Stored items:
*** Block opens ***

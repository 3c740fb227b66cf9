-- ===== src/Render/Sanitize.antt =====
-- `appendSanitized`, `sanitize` and the render entry points.
use open_blog.Base.{
  Bool, false, not, ◌&&◌, ◌==◌, text_eq_instance, string_eq, if◌then◌else◌, Option, none, some,
  List, [], ◌∷◌, Text, codes, folds_to, select, String,
}
use open_blog.Store.Errors.{Error, Result, ok, err}
use open_blog.Render.Html.{Attr, Node, text, element, other, Nodes, nil, cons, append, External}
use open_blog.Render.Urls.{safe_image_url, image_host_allowed}
use open_blog.Render.Attrs.{is_allowed_tag, is_dangerous_tag, allowed_attr}

module _ (ext : External) where
  -- The first attribute whose key folds to "src" decides.
  unfoldable pub img_src_allowed : List Attr → Option (List Text) → Bool
  img_src_allowed [] hosts = false
  img_src_allowed (a ∷ attrs) hosts =
      if folds_to a.key (codes "src")
      then safe_image_url ext a.val && image_host_allowed ext a.val hosts
      else img_src_allowed attrs hosts

  abbrev pub keeps_attr : String → Attr → Bool
  keeps_attr tag a = allowed_attr ext tag a.key a.val

  -- The rounds of `appendSanitized` after the children: what is appended for one element.
  unfoldable pub sanitize_element : Option (List Text) → String → List Attr → (kids : Nodes) → Nodes
  sanitize_element hosts tag attrs kids =
      if is_dangerous_tag tag
      then nil
      else if not (is_allowed_tag tag)
      then kids
      else if tag == "img" && not (img_src_allowed attrs hosts)
      then nil
      else cons (element tag (select (keeps_attr tag) attrs) kids) nil

  -- The nodes that `appendSanitized` appends to the parent.
  unfoldable mutual
    pub sanitize_node : Option (List Text) → Node → Nodes
    sanitize_node hosts (text t) = cons (text t) nil
    sanitize_node hosts (element tag attrs kids) =
        sanitize_element hosts tag attrs (sanitize_nodes hosts kids)
    sanitize_node hosts (other kids) = nil

    pub sanitize_nodes : Option (List Text) → Nodes → Nodes
    sanitize_nodes hosts nil = nil
    sanitize_nodes hosts (cons n ns) = append (sanitize_node hosts n) (sanitize_nodes hosts ns)

abbrev pub or_next : Option Nodes → Option Nodes → Option Nodes
or_next (some b) later = some b
or_next none later = later

-- `documentBody`: the children of the first body element in document order.
unfoldable mutual
  pub find_body : Node → Option Nodes
  find_body (text t) = none
  find_body (element tag attrs kids) =
      let below = find_body_in kids in if tag == "body" then some kids else below
  find_body (other kids) = find_body_in kids

  pub find_body_in : Nodes → Option Nodes
  find_body_in nil = none
  find_body_in (cons n ns) = or_next (find_body n) (find_body_in ns)

abbrev pub children : Node → Nodes
children (text t) = nil
children (element tag attrs kids) = kids
children (other kids) = kids

unfoldable pub document_body : Node → Nodes
document_body doc = elim (find_body doc) [ none ↦ children doc | some kids ↦ kids ]

module _ (ext : External) where
  open ext use {parse, print, convert}

  abbrev pub printed : Option Text → Text
  printed none = []
  printed (some t) = t

  -- A parse or print error gives the empty text (nil).
  abbrev pub sanitize_doc : Option (List Text) → Option Node → Text
  sanitize_doc hosts none = []
  sanitize_doc hosts (some doc) = printed (print (sanitize_nodes ext hosts (document_body doc)))

  unfoldable pub sanitize : Text → Option (List Text) → Text
  sanitize html hosts = sanitize_doc hosts (parse html)

  abbrev pub converted : Option (List Text) → Option Text → Result Text
  converted hosts none = err Error.render_failed
  converted hosts (some html) = ok (sanitize html hosts)

  unfoldable pub render_gfm_hosts : Text → Option (List Text) → Result Text
  render_gfm_hosts md hosts = converted hosts (convert md)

*** Block closes ***

The problem:
For each entry above, please make an exact copy.

Answer space:
repository 3c740fb227b66cf9
-- ===== src/Render/Sanitize.antt =====
-- `appendSanitized`, `sanitize` and the render entry points.
use open_blog.Base.{
  Bool, false, not, ◌&&◌, ◌==◌, text_eq_instance, string_eq, if◌then◌else◌, Option, none, some,
  List, [], ◌∷◌, Text, codes, folds_to, select, String,
}
use open_blog.Store.Errors.{Error, Result, ok, err}
use open_blog.Render.Html.{Attr, Node, text, element, other, Nodes, nil, cons, append, External}
use open_blog.Render.Urls.{safe_image_url, image_host_allowed}
use open_blog.Render.Attrs.{is_allowed_tag, is_dangerous_tag, allowed_attr}

module _ (ext : External) where
  -- The first attribute whose key folds to "src" decides.
  unfoldable pub img_src_allowed : List Attr → Option (List Text) → Bool
  img_src_allowed [] hosts = false
  img_src_allowed (a ∷ attrs) hosts =
      if folds_to a.key (codes "src")
      then safe_image_url ext a.val && image_host_allowed ext a.val hosts
      else img_src_allowed attrs hosts

  abbrev pub keeps_attr : String → Attr → Bool
  keeps_attr tag a = allowed_attr ext tag a.key a.val

  -- The rounds of `appendSanitized` after the children: what is appended for one element.
  unfoldable pub sanitize_element : Option (List Text) → String → List Attr → (kids : Nodes) → Nodes
  sanitize_element hosts tag attrs kids =
      if is_dangerous_tag tag
      then nil
      else if not (is_allowed_tag tag)
      then kids
      else if tag == "img" && not (img_src_allowed attrs hosts)
      then nil
      else cons (element tag (select (keeps_attr tag) attrs) kids) nil

  -- The nodes that `appendSanitized` appends to the parent.
  unfoldable mutual
    pub sanitize_node : Option (List Text) → Node → Nodes
    sanitize_node hosts (text t) = cons (text t) nil
    sanitize_node hosts (element tag attrs kids) =
        sanitize_element hosts tag attrs (sanitize_nodes hosts kids)
    sanitize_node hosts (other kids) = nil

    pub sanitize_nodes : Option (List Text) → Nodes → Nodes
    sanitize_nodes hosts nil = nil
    sanitize_nodes hosts (cons n ns) = append (sanitize_node hosts n) (sanitize_nodes hosts ns)

abbrev pub or_next : Option Nodes → Option Nodes → Option Nodes
or_next (some b) later = some b
or_next none later = later

-- `documentBody`: the children of the first body element in document order.
unfoldable mutual
  pub find_body : Node → Option Nodes
  find_body (text t) = none
  find_body (element tag attrs kids) =
      let below = find_body_in kids in if tag == "body" then some kids else below
  find_body (other kids) = find_body_in kids

  pub find_body_in : Nodes → Option Nodes
  find_body_in nil = none
  find_body_in (cons n ns) = or_next (find_body n) (find_body_in ns)

abbrev pub children : Node → Nodes
children (text t) = nil
children (element tag attrs kids) = kids
children (other kids) = kids

unfoldable pub document_body : Node → Nodes
document_body doc = elim (find_body doc) [ none ↦ children doc | some kids ↦ kids ]

module _ (ext : External) where
  open ext use {parse, print, convert}

  abbrev pub printed : Option Text → Text
  printed none = []
  printed (some t) = t

  -- A parse or print error gives the empty text (nil).
  abbrev pub sanitize_doc : Option (List Text) → Option Node → Text
  sanitize_doc hosts none = []
  sanitize_doc hosts (some doc) = printed (print (sanitize_nodes ext hosts (document_body doc)))

  unfoldable pub sanitize : Text → Option (List Text) → Text
  sanitize html hosts = sanitize_doc hosts (parse html)

  abbrev pub converted : Option (List Text) → Option Text → Result Text
  converted hosts none = err Error.render_failed
  converted hosts (some html) = ok (sanitize html hosts)

  unfoldable pub render_gfm_hosts : Text → Option (List Text) → Result Text
  render_gfm_hosts md hosts = converted hosts (convert md)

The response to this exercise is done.